In this blog, I will talk about how I use R to parallelize my stationary hypothesis testing on the time series data with R.
Main part: How to parallelize statistics calculations in R.
If your statistics calculation like hypothesis testing, parameter estimation, or stochastic process simulation takes a long time, you should parallelize your calculation. How do you define “long”? I personally would think that if your calculation takes longer than 3 mins (about the time for a cup of tea), then it needs some boost in speed with some simple steps in R. The same could be done in python with Dask.
More often than not, the long calculation is in a for-loop, or several independent calculations like cross-validation.
These are the steps to take to speed up your statistics calculation:
Step 1, replace your loop with functional from the apply family like lapply,sapply,vapply,tapply. Or the functional from the map family in purr package.
If it is still longer than 3 mins, then take step 2.
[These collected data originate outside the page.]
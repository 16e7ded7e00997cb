-- ===== src/SubManager/Ownership.antt =====
-- `sub_manager_add` and `sub_manager_remove` of main/sub_manager.c: the table and the blocks that
-- its filters hold.
use wisp_esp.Base.{
  ℕ, ◌+◌, ◌-◌, ◌≤◌, ◌≡◌, ap, inl, inr, Bool, true, false, some, List, [], arith, length,
  length-take, All-get, bit, Option-cases, find_entry, find_entry-some, find_entry-none,
  first_where-none, count_where-pos, count_where-le_length, sum_of-set, set, get_elem?, le-sum_of,
}
use wisp_esp.Protocol.{Text, Filter}
use wisp_esp.SubManager.{
  Subscription, SubManager, max_filters, max_id_len, zero_sub, on_conn, is_sub, is_free, decr16,
  new_sub, refiltered, add, remove,
}
use wisp_esp.SubManager.Memory.{Mem, blocks, all_blocks, free_filters}
use wisp_esp.SubManager.Copy.{free_filters-live}
use wisp_esp.SubManager.Invariant.{
  IsSlot, IsValid, Owns, slot_blocks, is_active, refiltered-IsValid, cleared-IsValid,
  inserted-IsValid,
}
use wisp_esp.SubManager.Paths.{
  Added, replaced, emptied, refused, no_slot, inserted, unallocated, add-Added, kept, Out,
}

length-kept : (fs : List Filter) → length (kept fs) ≤ max_filters
length-kept fs = omega (arith, length-take max_filters fs)

is_sub-active : (fd : ℕ) (id : Text) (s : Subscription) → is_sub fd id s ≡ true → s.active ≡ true
is_sub-active fd id s e = ground arith

is_sub-on_conn :
    (fd : ℕ) (id : Text) (s : Subscription) → is_sub fd id s ≡ true → on_conn fd s ≡ true
is_sub-on_conn fd id s e = ground arith

idle_blocks : (s : Subscription) → IsSlot s → s.active ≡ false → slot_blocks s ≡ 0
idle_blocks s v e = ap all_blocks (v.idle e)

off_of_free : (s : Subscription) → is_free s ≡ true → s.active ≡ false
off_of_free s e = ground arith

module _ (base : ℕ) (mgr : SubManager) (m : Mem) (v : Owns base mgr m) where
  -- A slot is overwritten, and the memory follows.
  swap-Owns :
      (i n : ℕ) (x y : Subscription) (m' : Mem)
      → get_elem? mgr.subs i ≡ some x
      → IsValid (record mgr { subs = set mgr.subs i y; active_count = n })
      → m'.live + slot_blocks x ≡ m.live + slot_blocks y
      → Owns base (record mgr { subs = set mgr.subs i y; active_count = n }) m'
  swap-Owns i n x y m' got valid moves = record {
    valid = valid;
    ledger = omega (arith, sum_of-set slot_blocks mgr.subs i x y got, moves, v.ledger);
  }

  Added-Owns :
      {grants : ℕ → Bool} (fd : ℕ) (id : Text) (fs : List Filter) (out : Out)
      → length id ≤ max_id_len
      → Added grants mgr fd id fs m out
      → Owns base out.1 out.2
  Added-Owns fd id fs out fits (replaced i s e r t l) =
      let (got, hit, first) = find_entry-some (is_sub fd id) mgr.subs i s e in
      rw t (
        swap-Owns i mgr.active_count s (refiltered s (kept fs)) out.2 got
          (refiltered-IsValid mgr i s (kept fs) v.valid got (is_sub-active fd id s hit)
            (length-kept fs))
          l)
  Added-Owns fd id fs out fits (emptied i s n e r c t l) =
      let (got, hit, first) = find_entry-some (is_sub fd id) mgr.subs i s e in
      rw t (
        swap-Owns i mgr.active_count s (refiltered s []) out.2 got
          (refiltered-IsValid mgr i s [] v.valid got (is_sub-active fd id s hit) (omega arith))
          (omega (arith, l)))
  Added-Owns fd id fs out fits (refused e h o) = rw o v
  Added-Owns fd id fs out fits (no_slot e h f o) = rw o v
  Added-Owns fd id fs out fits (inserted i old e room f c t l) =
      let (got, free, first) = find_entry-some is_free mgr.subs i old f in
      let off = off_of_free old free in
      rw t (
        swap-Owns i _ old (new_sub fd id (kept fs)) out.2 got
          (inserted-IsValid mgr i fd id (kept fs) old v.valid got off fits (length-kept fs) room
            (first_where-none (is_sub fd id) mgr.subs (find_entry-none (is_sub fd id) mgr.subs e)))
          (omega (arith, l, idle_blocks old (All-get IsSlot mgr.subs i old v.valid.slots got) off)))
  Added-Owns fd id fs out fits (unallocated i old n e room f r c t l) =
      let (got, free, first) = find_entry-some is_free mgr.subs i old f in
      let off = off_of_free old free in
      rw t (
        swap-Owns i mgr.active_count old zero_sub out.2 got
          (cleared-IsValid mgr i mgr.active_count old v.valid got (omega (arith, ap bit off)))
          (omega (arith, l, idle_blocks old (All-get IsSlot mgr.subs i old v.valid.slots got) off)))

  module _ (grants : ℕ → Bool) (filter_free : Filter → Mem → Mem)
      (frees : (f : Filter) (m : Mem) → (filter_free f m).live ≡ m.live - blocks f) where
    pub add-Owns :
        (fd : ℕ) (id : Text) (fs : List Filter)
        → length id ≤ max_id_len
        → let out = add grants filter_free mgr fd id fs m in Owns base out.1 out.2
    add-Owns fd id fs fits =
        Added-Owns fd id fs (add grants filter_free mgr fd id fs m) fits
          (add-Added grants filter_free frees base mgr m v fd id fs)

    -- `sub_manager_remove` keeps a valid table valid, and the live blocks are afterwards exactly
    -- those of the filters that are left in the table and the `base` of before.
    pub remove-Owns :
        (fd : ℕ) (id : Text)
        → let out = remove grants filter_free mgr fd id m in Owns base out.1 out.2
    unfolding remove
    remove-Owns fd id = elim (Option-cases (find_entry (is_sub fd id) mgr.subs)) [
      | inl e ↦ rw (e, remove) v
      | inr ((i, s), e) ↦
          let (got, hit, first) = find_entry-some (is_sub fd id) mgr.subs i s e in
          let on = is_sub-active fd id s hit in
          let some_active = count_where-pos is_active mgr.subs i s got on in
          let few = count_where-le_length is_active mgr.subs in
          let size = v.valid.size in
          let counted = v.valid.counted in
          let less = free_filters-live grants filter_free frees s.filters m in
          let within = le-sum_of slot_blocks mgr.subs i s got in
          rw (e, remove)
            (swap-Owns i (decr16 mgr.active_count) s zero_sub
              (free_filters grants filter_free s.filters m) got
              (cleared-IsValid mgr i (decr16 mgr.active_count) s v.valid got
                (omega (arith, ap bit on)))
              (omega (arith, less, within, v.ledger)))
    ]
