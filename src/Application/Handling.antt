-- ===== src/Application/Handling.antt =====
-- main/handlers_stub.c and main/broadcaster.c under the invariant of main/main.c's objects.
use wisp_esp.Base.{
  ℕ, suc, ◌+◌, ◌-◌, ◌^◌, ◌≤◌, ◌<◌, ◌≡◌, ◌≢◌, refl, Bool, not, ◌&&◌, ◌==◌, ltb, List, [], ◌∷◌, ◌++◌,
  arith, length, if_ind, if_ind_state, if◌then◌else◌,
}
use wisp_esp.Protocol.{Text, Bytes, Event, Filter, RelayError, relay_ok}
use wisp_esp.Base.Text.{codes}
use wisp_esp.SubManager.{SubManager, max_id_len, MatchEntry, matching, add, remove}
use wisp_esp.SubManager.Memory.{Mem, blocks}
use wisp_esp.SubManager.Invariant.{Owns}
use wisp_esp.SubManager.Ownership.{add-Owns, remove-Owns}
use wisp_esp.SubManager.Connections.{subs_of, subs_of-add, subs_of-remove}
use wisp_esp.Storage.Types.{FileLaws}
use wisp_esp.Storage.Query.{query_events}
use wisp_esp.Storage.Saving.{save_event-IsValid}
use wisp_esp.Storage.Invariant.{IsValid}
use wisp_esp.Storage.Keeping.{query_events-Keeps}
use wisp_esp.Validator.{is_valid}
use wisp_esp.Deletion.{Store, is_success, kind_deletion}
use wisp_esp.Deletion.Invariant.{process-Kept}
use wisp_esp.Router.{event_msg, eose_msg, closed_msg}
use wisp_esp.Relay.{Platform, Relay, Moment, emit}
use wisp_esp.Broadcaster.{fanout_loop, fanout}
use wisp_esp.Handlers.{
  apply_deletion, store_event, handle_event, send_results, send_stored, handle_req, handle_close,
  query_limit, was_sent, max_sent_ids, is_kept, verdict,
}
use wisp_esp.Application.Working.{IsWorking, Handled, Handled-refl, emit-Handled}

-- What the allocator and the file system keep to.
pub record Laws (p : Platform) : Type 0 where
  pub frees : (f : Filter) (m : Mem) → (p.filter_free f m).live ≡ m.live - blocks f
  pub files : FileLaws p.fs

module _ {p : Platform} (base fd : ℕ) where
  fanout_loop-Handled :
      (ev : Event) (r r' : Relay p) (es : List MatchEntry)
      → Handled base fd r r'
      → Handled base fd r (fanout_loop ev r' es)
  unfolding fanout_loop
  fanout_loop-Handled ev r r' [] h = h
  fanout_loop-Handled ev r r' (e ∷ es) h =
      fanout_loop-Handled ev r (emit r' e.match_fd (event_msg e.match_id ev)) es
        (emit-Handled base fd r r' e.match_fd (event_msg e.match_id ev) h)

  pub fanout-Handled :
      (r r' : Relay p) (ev : Event) → Handled base fd r r' → Handled base fd r (fanout r' ev)
  unfolding fanout
  fanout-Handled r r' ev h =
      if_ind (Handled base fd r) r'.has_subs
        (λ e. fanout_loop-Handled ev r r' (matching p.filters_match r'.sub_manager ev) h) λ e. h

  -- A step on the engine alone.
  restore-Handled :
      (r r' : Relay p) (st : Store p.fs p.nvs)
      → Handled base fd r r'
      → IsValid st.engine
      → Handled base fd r (record r' { store = st })
  restore-Handled r r' st h v = record {
    working = record {
      table = h.working.table;
      index = v;
      buckets = h.working.buckets;
      has_subs = h.working.has_subs;
      has_storage = h.working.has_storage;
      has_limiter = h.working.has_limiter;
    };
    server = h.server;
    buckets = h.buckets;
    subs = h.subs;
  }

  -- A step on the table of subscriptions alone.
  retable-Handled :
      (r r' : Relay p)
      → Handled base fd r r'
      → (mgr : SubManager) (mem : Mem) → Owns base mgr mem
      → ((fd' : ℕ) → fd' ≢ fd → subs_of fd' mgr ≤ subs_of fd' r.sub_manager)
      → Handled base fd r (record r' { sub_manager = mgr; memory = mem })
  retable-Handled r r' h mgr mem owns fewer = record {
    working = record {
      table = owns;
      index = h.working.index;
      buckets = h.working.buckets;
      has_subs = h.working.has_subs;
      has_storage = h.working.has_storage;
      has_limiter = h.working.has_limiter;
    };
    server = h.server;
    buckets = h.buckets;
    subs = fewer;
  }

  -- The answer to a REQ.
  answered-Handled :
      (r r1 : Relay p) (sub : Text) {r2 : Relay p} (err : RelayError)
      → Handled base fd r r2
      → Handled base fd r r1
      → Handled base fd r (elim err [
        | relay_ok ↦ emit r2 fd (eose_msg sub)
        | e ↦ emit r1 fd (closed_msg sub (codes "error: too many subscriptions"))
      ])
  answered-Handled r r1 sub {r2} relay_ok h2 h1 = emit-Handled base fd r r2 fd (eose_msg sub) h2
  answered-Handled r r1 sub {r2} e h2 h1 =
      emit-Handled base fd r r1 fd (closed_msg sub (codes "error: too many subscriptions")) h1

  send_results-Handled :
      (buffer : Bool) (to : ℕ) (sub : Text) (r r' : Relay p) (ids : List Bytes) (evs : List Event)
      → Handled base fd r r'
      → Handled base fd r (send_results buffer to sub r' ids evs).1
  unfolding send_results
  send_results-Handled buffer to sub r r' ids [] h = h
  send_results-Handled buffer to sub r r' ids (ev ∷ evs) h =
      let known = buffer && was_sent ev.id ids in
      let more = buffer && ltb (length ids) max_sent_ids in
      send_results-Handled buffer to sub r (if known then r' else emit r' to (event_msg sub ev))
        (if known then ids else (if more then ids ++ ev.id ∷ [] else ids)) evs
        (if_ind (Handled base fd r) known (λ e. h)
          λ e. emit-Handled base fd r r' to (event_msg sub ev) h)

  module _ (laws : Laws p) (m : Moment p) where
    send_stored-Handled :
        (to : ℕ) (sub : Text) (i : ℕ) (r r' : Relay p) (ids : List Bytes) (fs : List Filter)
        → Handled base fd r r'
        → Handled base fd r (send_stored m to sub i r' ids fs)
    unfolding send_stored
    send_stored-Handled to sub i r r' ids [] h = h
    send_stored-Handled to sub i r r' ids (f ∷ fs) h =
        let q = m.queries i in
        let out =
          query_events p.lib p.fs r'.store.engine f (query_limit f) q.room q.buffers q.time
            r'.store.files in
        let st = record r'.store { engine = out.1; files = out.2 } in
        let r1 = record r' { store = st } in
        let found = if is_success out.0 then out.3 else [] in
        let kept =
          query_events-Keeps p.lib p.fs laws.files r'.store.engine.next_file_index r'.store.engine f
            (query_limit f) q.room q.buffers q.time r'.store.files
            (record { valid = h.working.index; same = refl }) in
        let sent = send_results m.ids_buffer to sub r1 ids found in
        send_stored-Handled to sub (suc i) r sent.1 sent.0 fs (
          send_results-Handled m.ids_buffer to sub r r1 ids found
            (restore-Handled r r' st h kept.valid))

    -- The deletion takes no file number, so that the event itself can still be stored.
    apply_deletion-Handled :
        (r : Relay p) (ev : Event)
        → IsWorking base r
        → Handled base fd r (apply_deletion r m ev)
          × ((apply_deletion r m ev).store.engine.next_file_index ≡ r.store.engine.next_file_index)
    unfolding apply_deletion
    apply_deletion-Handled r ev w =
        let h = Handled-refl base fd r w in
        if_ind
          (λ (r' : Relay p).
            Handled base fd r r'
            × (r'.store.engine.next_file_index ≡ r.store.engine.next_file_index))
          ((ev.kind == kind_deletion) && r.has_storage)
          (λ e.
            let kept =
              process-Kept p.lib p.del p.fs laws.files p.nvs r.store.engine.next_file_index
                m.deletion r.store ev (record { valid = w.index; same = refl }) in
            (restore-Handled r r _ h kept.valid, kept.same))
          λ e. (h, refl)

    store_event-Handled :
        (r r' : Relay p) (ev : Event)
        → r'.store.engine.next_file_index + 1 < 2 ^ 32
        → Handled base fd r r'
        → Handled base fd r (store_event r' m ev).1
    unfolding store_event
    store_event-Handled r r' ev space h = restore-Handled r r' _ h (
        save_event-IsValid p.lib p.fs p.nvs r'.store.engine ev m.save_buffer m.time r'.store.files
          r'.store.saved h.working.index space)

    -- `handle_event`
    pub handle_event-Handled :
        (r : Relay p) (ev : Event)
        → r.store.engine.next_file_index + 1 < 2 ^ 32
        → IsWorking base r
        → Handled base fd r (handle_event r m ev).1
    unfolding handle_event
    handle_event-Handled r ev space w =
        let r1 = apply_deletion r m ev in
        let stored = store_event r1 m ev in
        let (h1, same) = apply_deletion-Handled r ev w in
        let h2 = store_event-Handled r (apply_deletion r m ev) ev (omega (arith, same, space)) h1 in
        let Good = Handled base fd r in
        if_ind_state Good (is_valid (verdict r m ev)) _ _
          (λ e.
            if_ind_state Good (not (p.checks.is_ephemeral ev.kind) && r.has_storage) _ _
              (λ e'.
                if_ind_state Good (is_kept stored.0) _ _ (λ k. fanout-Handled r stored.1 ev h2)
                  λ k. h2)
              λ e'. fanout-Handled r r1 ev h1)
          λ e. Handled-refl base fd r w

    -- `handle_req`, for an identifier that fits.
    pub handle_req-Handled :
        (r : Relay p) (sub : Text) (fs : List Filter)
        → length sub ≤ max_id_len
        → IsWorking base r
        → Handled base fd r (handle_req r m fd sub fs)
    unfolding handle_req
    handle_req-Handled r sub fs fits w =
        let out = add p.grants p.filter_free r.sub_manager fd sub fs r.memory in
        let r1 = record r { sub_manager = out.1; memory = out.2 } in
        let owns =
          add-Owns base r.sub_manager r.memory w.table p.grants p.filter_free laws.frees fd sub fs
            fits in
        let h1 = retable-Handled r r (Handled-refl base fd r w) out.1 out.2 owns (λ fd' ne. omega (
          arith,
          subs_of-add p.grants p.filter_free laws.frees base r.sub_manager r.memory w.table fd sub
              fs fd' ne,
        )) in
        let Good = Handled base fd r in
        if_ind Good r.has_subs
          (λ e.
            answered-Handled r r1 sub out.0
              (if_ind Good r.has_storage (λ e'. send_stored-Handled fd sub 0 r r1 [] fs h1)
                λ e'. h1)
              h1)
          λ e. emit-Handled base fd r r fd (eose_msg sub) (Handled-refl base fd r w)

    -- `handle_close`
    pub handle_close-Handled :
        (r : Relay p) (sub : Text) → IsWorking base r → Handled base fd r (handle_close r fd sub).1
    unfolding handle_close
    handle_close-Handled r sub w =
        let out = remove p.grants p.filter_free r.sub_manager fd sub r.memory in
        let owns =
          remove-Owns base r.sub_manager r.memory w.table p.grants p.filter_free laws.frees fd
            sub in
        let h = Handled-refl base fd r w in
        if_ind_state (Handled base fd r) r.has_subs _ _
          (λ e. retable-Handled r r h out.1 out.2 owns λ fd' ne.
            subs_of-remove p.grants p.filter_free laws.frees base r.sub_manager r.memory w.table fd
              sub fd')
          λ e. h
Step 2, replace your loop with foreach function, so that calculation could be parallelized.
The foreach function is very easy to learn, but it would take some time like 1hr to read the tutorial and figure out how to work with the doParallel package to register a parallel backend.
Step 3, if you do not want to learn foreach and doParallel but still want to do statistics in parallel, I wrote a wrapper function on top of foreach and the doParallel package called map_pc, which is basically a parallelized version of apply/map function.
You could easily import this function into R like this:
The example use of map_pc to calculate the sum of each column.
First, we make a dataframe with 10 columns and 10 million rows with a gaussian distribution with mean zero, variance 1.
Second, we apply the map_pc function to calculate the sum of each column.
Finally, we could examine the result with summary function.
Here is a little bit explanation on the arguments of the map_pc function.
The first argument is data, the second argument to the function is the function to apply to the data column wise. The third argument is nthread, the number of thread to use. The fourth argument is the type, choose FORK on Linux or Mac, choose PSOCK is you are on windows (I did not test it on Windows).
Here are some examples of how I use map_pc to do the stationary test in parallel. https://github.com/edwardcooper/lammps/blob/master/st_extract_cal.R
This is another reason why you should always write any calculations into functions as I mentioned in a previous blog ( https://phdstatsphys.wordpress.com/2017/09/05/benefits-of-writing-functions/ ).
On a side note, I do know of the mcapply and clusterApply series of functions (https://stat.ethz.ch/R-manual/R-devel/library/parallel/html/clusterApply.html), but writing calculation in parallel is a lot of fun for me. Plus, if there is any problem with my code, I could easily fix it. There is also the benefit of choosing your favorite parallel backend.
How to further the R code performance
Now you have tried the methods I mentioned above, but calculation time is still longer than 3 mins. Are there any other options? Of course, R is a rather flexible language. If you have any problem with the memory limitation, you could use the bigmemory,
If you have any problem with the memory limitation, you could use the bigmemory, ff and many more packages to work with data that too big be loaded into memory.
If your statistics calculation is slow because of the source code is poorly written, then you could write your own functions in C/C++ and use it in R, see the tutorial from Hadley Wickham here: http://adv-r.had.co.nz/Rcpp.html.
If your data comes from several sources or in a database, then you could try sergeant package to easily load data from various sources. It utilizes the Apache Drill as the backend.
Another thing is doing parallel computing is to know when to turn off the hyperthreading, which has already been discussed in another blog in detail (https://phdstatsphys.wordpress.com/2017/09/12/hyperthreading-faster-or-slower/). The take-home message is to set the number of cores to use as the number of physical cores you have. That is why I set the default value of nthread in my map_pc function to be 4, which is the number of physical cores on a normal desktop.
This is the time I record for using different numbers of cores to do the stationary test.
You could see clearly that when I set the nthread to be 4 in the map_pc function, it runs the fastest.
Of course, the next step to further increase the speed is to use a computing cluster like AWS.